Listed records
- - - -

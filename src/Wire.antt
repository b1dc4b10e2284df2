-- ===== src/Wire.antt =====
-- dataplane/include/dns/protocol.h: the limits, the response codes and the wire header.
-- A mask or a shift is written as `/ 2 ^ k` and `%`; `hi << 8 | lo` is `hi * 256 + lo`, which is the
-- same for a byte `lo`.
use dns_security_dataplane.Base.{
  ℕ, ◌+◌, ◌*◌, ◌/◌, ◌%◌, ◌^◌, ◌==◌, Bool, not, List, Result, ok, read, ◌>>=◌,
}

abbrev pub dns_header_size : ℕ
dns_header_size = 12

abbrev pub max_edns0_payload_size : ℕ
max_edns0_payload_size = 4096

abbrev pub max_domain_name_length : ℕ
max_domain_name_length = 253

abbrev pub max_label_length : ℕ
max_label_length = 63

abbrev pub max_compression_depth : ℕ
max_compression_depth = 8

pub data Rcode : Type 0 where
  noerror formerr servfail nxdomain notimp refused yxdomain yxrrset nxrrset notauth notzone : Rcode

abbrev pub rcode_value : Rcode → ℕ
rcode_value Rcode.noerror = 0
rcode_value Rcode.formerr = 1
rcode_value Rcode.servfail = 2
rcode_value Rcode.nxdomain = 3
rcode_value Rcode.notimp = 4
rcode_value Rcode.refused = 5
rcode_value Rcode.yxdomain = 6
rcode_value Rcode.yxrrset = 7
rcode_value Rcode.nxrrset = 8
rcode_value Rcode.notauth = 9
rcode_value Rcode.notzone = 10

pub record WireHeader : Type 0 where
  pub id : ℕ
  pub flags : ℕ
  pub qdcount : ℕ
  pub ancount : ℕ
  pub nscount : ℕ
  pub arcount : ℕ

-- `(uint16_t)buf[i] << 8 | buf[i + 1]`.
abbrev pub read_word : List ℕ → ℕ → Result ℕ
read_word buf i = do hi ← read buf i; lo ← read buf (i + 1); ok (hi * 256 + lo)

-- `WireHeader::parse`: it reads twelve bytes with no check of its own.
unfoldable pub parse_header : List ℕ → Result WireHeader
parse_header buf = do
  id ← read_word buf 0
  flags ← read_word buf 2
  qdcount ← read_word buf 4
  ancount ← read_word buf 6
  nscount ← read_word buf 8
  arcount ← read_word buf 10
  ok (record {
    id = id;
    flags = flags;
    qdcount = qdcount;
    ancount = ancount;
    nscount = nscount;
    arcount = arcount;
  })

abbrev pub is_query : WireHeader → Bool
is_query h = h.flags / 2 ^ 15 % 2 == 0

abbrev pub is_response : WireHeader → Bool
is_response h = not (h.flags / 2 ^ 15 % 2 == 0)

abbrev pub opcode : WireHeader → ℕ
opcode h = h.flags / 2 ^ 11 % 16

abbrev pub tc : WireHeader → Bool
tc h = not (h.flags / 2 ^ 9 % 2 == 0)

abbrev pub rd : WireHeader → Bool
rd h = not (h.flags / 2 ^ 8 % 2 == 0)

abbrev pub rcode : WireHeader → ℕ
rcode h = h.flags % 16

- - - -

Starting at the first line of the records above, please copy every line exactly through the line containing "rd h = not (h.flags / 2 ^ 8 % 2 == 0)", and stop there.

The completed task
filename src/Wire.antt
repository b1dc4b10e2284df2
-- ===== src/Wire.antt =====
-- dataplane/include/dns/protocol.h: the limits, the response codes and the wire header.
-- A mask or a shift is written as `/ 2 ^ k` and `%`; `hi << 8 | lo` is `hi * 256 + lo`, which is the
-- same for a byte `lo`.
use dns_security_dataplane.Base.{
  ℕ, ◌+◌, ◌*◌, ◌/◌, ◌%◌, ◌^◌, ◌==◌, Bool, not, List, Result, ok, read, ◌>>=◌,
}

abbrev pub dns_header_size : ℕ
dns_header_size = 12

abbrev pub max_edns0_payload_size : ℕ
max_edns0_payload_size = 4096

abbrev pub max_domain_name_length : ℕ
max_domain_name_length = 253

abbrev pub max_label_length : ℕ
max_label_length = 63

abbrev pub max_compression_depth : ℕ
max_compression_depth = 8

pub data Rcode : Type 0 where
  noerror formerr servfail nxdomain notimp refused yxdomain yxrrset nxrrset notauth notzone : Rcode

abbrev pub rcode_value : Rcode → ℕ
rcode_value Rcode.noerror = 0
rcode_value Rcode.formerr = 1
rcode_value Rcode.servfail = 2
rcode_value Rcode.nxdomain = 3
rcode_value Rcode.notimp = 4
rcode_value Rcode.refused = 5
rcode_value Rcode.yxdomain = 6
rcode_value Rcode.yxrrset = 7
rcode_value Rcode.nxrrset = 8
rcode_value Rcode.notauth = 9
rcode_value Rcode.notzone = 10

pub record WireHeader : Type 0 where
  pub id : ℕ
  pub flags : ℕ
  pub qdcount : ℕ
  pub ancount : ℕ
  pub nscount : ℕ
  pub arcount : ℕ

-- `(uint16_t)buf[i] << 8 | buf[i + 1]`.
abbrev pub read_word : List ℕ → ℕ → Result ℕ
read_word buf i = do hi ← read buf i; lo ← read buf (i + 1); ok (hi * 256 + lo)

-- `WireHeader::parse`: it reads twelve bytes with no check of its own.
unfoldable pub parse_header : List ℕ → Result WireHeader
parse_header buf = do
  id ← read_word buf 0
  flags ← read_word buf 2
  qdcount ← read_word buf 4
  ancount ← read_word buf 6
  nscount ← read_word buf 8
  arcount ← read_word buf 10
  ok (record {
    id = id;
    flags = flags;
    qdcount = qdcount;
    ancount = ancount;
    nscount = nscount;
    arcount = arcount;
  })

abbrev pub is_query : WireHeader → Bool
is_query h = h.flags / 2 ^ 15 % 2 == 0

abbrev pub is_response : WireHeader → Bool
is_response h = not (h.flags / 2 ^ 15 % 2 == 0)

abbrev pub opcode : WireHeader → ℕ
opcode h = h.flags / 2 ^ 11 % 16

abbrev pub tc : WireHeader → Bool
tc h = not (h.flags / 2 ^ 9 % 2 == 0)

abbrev pub rd : WireHeader → Bool
rd h = not (h.flags / 2 ^ 8 % 2 == 0)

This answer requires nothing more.